What the task asks: Every entry should be transcribed word for word, so that nothing is missing.

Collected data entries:
----------
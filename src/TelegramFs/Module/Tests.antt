-- ===== src/TelegramFs/Module/Tests.antt =====
-- Loading and unloading with a kernel that refuses the device of the bus.
use doomsday_kernel_modules.Base.{◌≡◌, refl, true}
use doomsday_kernel_modules.TelegramFs.Module.{Answers, nothing, telegram_init}
use doomsday_kernel_modules.TelegramFs.Module.Clean.{load_unload, IsClean, telegram_init-IsClean}

abbrev no_bus_cdev : Answers
no_bus_cdev = record {
  chats_region_error = 0;
  class_error = 0;
  chat_cdev_adds = λ i. true;
  chat_device_creates = λ i. true;
  bus_region_error = 0;
  bus_cdev_error = 12;
  bus_device_creates = true;
}

refused_test : (telegram_init no_bus_cdev nothing).0 ≡ 12
unfolding telegram_init
refused_test = refl

load_unload_example : IsClean (load_unload no_bus_cdev)
load_unload_example = telegram_init-IsClean no_bus_cdev
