-- ===== src/TelegramFs/Sample.antt =====
-- A kernel for the module tgfs that is a concrete function.
use doomsday_kernel_modules.Base.{
  split_at, split_at_found, split_at_last, ℕ, zero, suc, ◌+◌, ◌-◌, ◌*◌, ◌/◌, ◌%◌, ◌<◌, ◌≡◌, refl,
  Bool, true, false, ◌&&◌, Option, none, some, List, [], ◌∷◌, ◌++◌, arith, ltb, leb, ◌==◌,
  if◌then◌else◌, take,
}
use doomsday_kernel_modules.TelegramFs.Kernel.{Kernel, ℤ, pos, negsuc}

-- A number of any size in decimal; the first argument bounds the number of its digits.
abbrev pub show_decimal : ℕ → ℕ → List ℕ
show_decimal zero n = []
show_decimal (suc fuel) n =
    let front = show_decimal fuel (n / 10) in
    if ltb n 10 then ((48 + n) ∷ []) else (front ++ ((48 + n % 10) ∷ []))

abbrev read_digits : ℕ → List ℕ → Option ℕ
read_digits acc [] = some acc
read_digits acc (c ∷ text) =
    let rest = read_digits (acc * 10 + (c - 48)) text in if leb 48 c && leb c 57 then rest else none

abbrev signed : Bool → Option ℕ → Option ℤ
signed minus none = none
signed false (some n) = some (pos n)
signed true (some zero) = some (pos 0)
signed true (some (suc n)) = some (negsuc n)

abbrev pub read_int : List ℕ → Option ℤ
read_int [] = none
read_int (c ∷ text) =
    if c == b'-' then signed true (read_digits 0 text) else signed false (read_digits 0 (c ∷ text))

pub read_int_digit : (n : ℕ) → n < 10 → read_int ((48 + n) ∷ []) ≡ some (pos n)
read_int_digit n h =
    let not_minus : (48 + n == 45) ≡ false = ground arith in
    let above : leb 48 (48 + n) ≡ true = ground arith in
    let below : leb (48 + n) 57 ≡ true = ground arith in
    let value : 0 + (48 + n - 48) ≡ n = omega arith in rw (not_minus, above, below, value)

pub show_decimal_digit : (n : ℕ) → n < 10 → show_decimal (suc n) n ≡ (48 + n) ∷ []
show_decimal_digit n h = ground arith

abbrev pub sample_kernel : Kernel
sample_kernel = record {
  scnprintf = λ size text. take (size - 1) text;
  scnprintf_cuts = λ size text. refl;
  show_int = λ n. show_decimal (suc n) n;
  kstrtoint_digit = read_int_digit;
  show_int_digit = show_decimal_digit;
  strscpy = λ size text. take (size - 1) text;
  strscpy_cuts = λ size text. refl;
  strsep = split_at;
  strsep_found = split_at_found;
  strsep_last = split_at_last;
  kstrtoint = read_int;
}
----------
Exercise output:
filename src/TelegramFs/Module/Tests.antt
-- ===== src/TelegramFs/Module/Tests.antt =====
-- Loading and unloading with a kernel that refuses the device of the bus.
use doomsday_kernel_modules.Base.{◌≡◌, refl, true}
use doomsday_kernel_modules.TelegramFs.Module.{Answers, nothing, telegram_init}
use doomsday_kernel_modules.TelegramFs.Module.Clean.{load_unload, IsClean, telegram_init-IsClean}

abbrev no_bus_cdev : Answers
no_bus_cdev = record {
  chats_region_error = 0;
  class_error = 0;
  chat_cdev_adds = λ i. true;
  chat_device_creates = λ i. true;
  bus_region_error = 0;
  bus_cdev_error = 12;
  bus_device_creates = true;
}

refused_test : (telegram_init no_bus_cdev nothing).0 ≡ 12
unfolding telegram_init
refused_test = refl

load_unload_example : IsClean (load_unload no_bus_cdev)
load_unload_example = telegram_init-IsClean no_bus_cdev
-- ===== src/TelegramFs/Sample.antt =====
-- A kernel for the module tgfs that is a concrete function.
use doomsday_kernel_modules.Base.{
  split_at, split_at_found, split_at_last, ℕ, zero, suc, ◌+◌, ◌-◌, ◌*◌, ◌/◌, ◌%◌, ◌<◌, ◌≡◌, refl,
  Bool, true, false, ◌&&◌, Option, none, some, List, [], ◌∷◌, ◌++◌, arith, ltb, leb, ◌==◌,
  if◌then◌else◌, take,
}
use doomsday_kernel_modules.TelegramFs.Kernel.{Kernel, ℤ, pos, negsuc}

-- A number of any size in decimal; the first argument bounds the number of its digits.
abbrev pub show_decimal : ℕ → ℕ → List ℕ
show_decimal zero n = []
show_decimal (suc fuel) n =
    let front = show_decimal fuel (n / 10) in
    if ltb n 10 then ((48 + n) ∷ []) else (front ++ ((48 + n % 10) ∷ []))

abbrev read_digits : ℕ → List ℕ → Option ℕ
read_digits acc [] = some acc
read_digits acc (c ∷ text) =
    let rest = read_digits (acc * 10 + (c - 48)) text in if leb 48 c && leb c 57 then rest else none

abbrev signed : Bool → Option ℕ → Option ℤ
signed minus none = none
signed false (some n) = some (pos n)
signed true (some zero) = some (pos 0)
signed true (some (suc n)) = some (negsuc n)

abbrev pub read_int : List ℕ → Option ℤ
read_int [] = none
read_int (c ∷ text) =
    if c == b'-' then signed true (read_digits 0 text) else signed false (read_digits 0 (c ∷ text))

pub read_int_digit : (n : ℕ) → n < 10 → read_int ((48 + n) ∷ []) ≡ some (pos n)
read_int_digit n h =
    let not_minus : (48 + n == 45) ≡ false = ground arith in
    let above : leb 48 (48 + n) ≡ true = ground arith in
    let below : leb (48 + n) 57 ≡ true = ground arith in
    let value : 0 + (48 + n - 48) ≡ n = omega arith in rw (not_minus, above, below, value)

pub show_decimal_digit : (n : ℕ) → n < 10 → show_decimal (suc n) n ≡ (48 + n) ∷ []
show_decimal_digit n h = ground arith

abbrev pub sample_kernel : Kernel
sample_kernel = record {
  scnprintf = λ size text. take (size - 1) text;
  scnprintf_cuts = λ size text. refl;
  show_int = λ n. show_decimal (suc n) n;
  kstrtoint_digit = read_int_digit;
  show_int_digit = show_decimal_digit;
  strscpy = λ size text. take (size - 1) text;
  strscpy_cuts = λ size text. refl;
  strsep = split_at;
  strsep_found = split_at_found;
  strsep_last = split_at_last;
  kstrtoint = read_int;
}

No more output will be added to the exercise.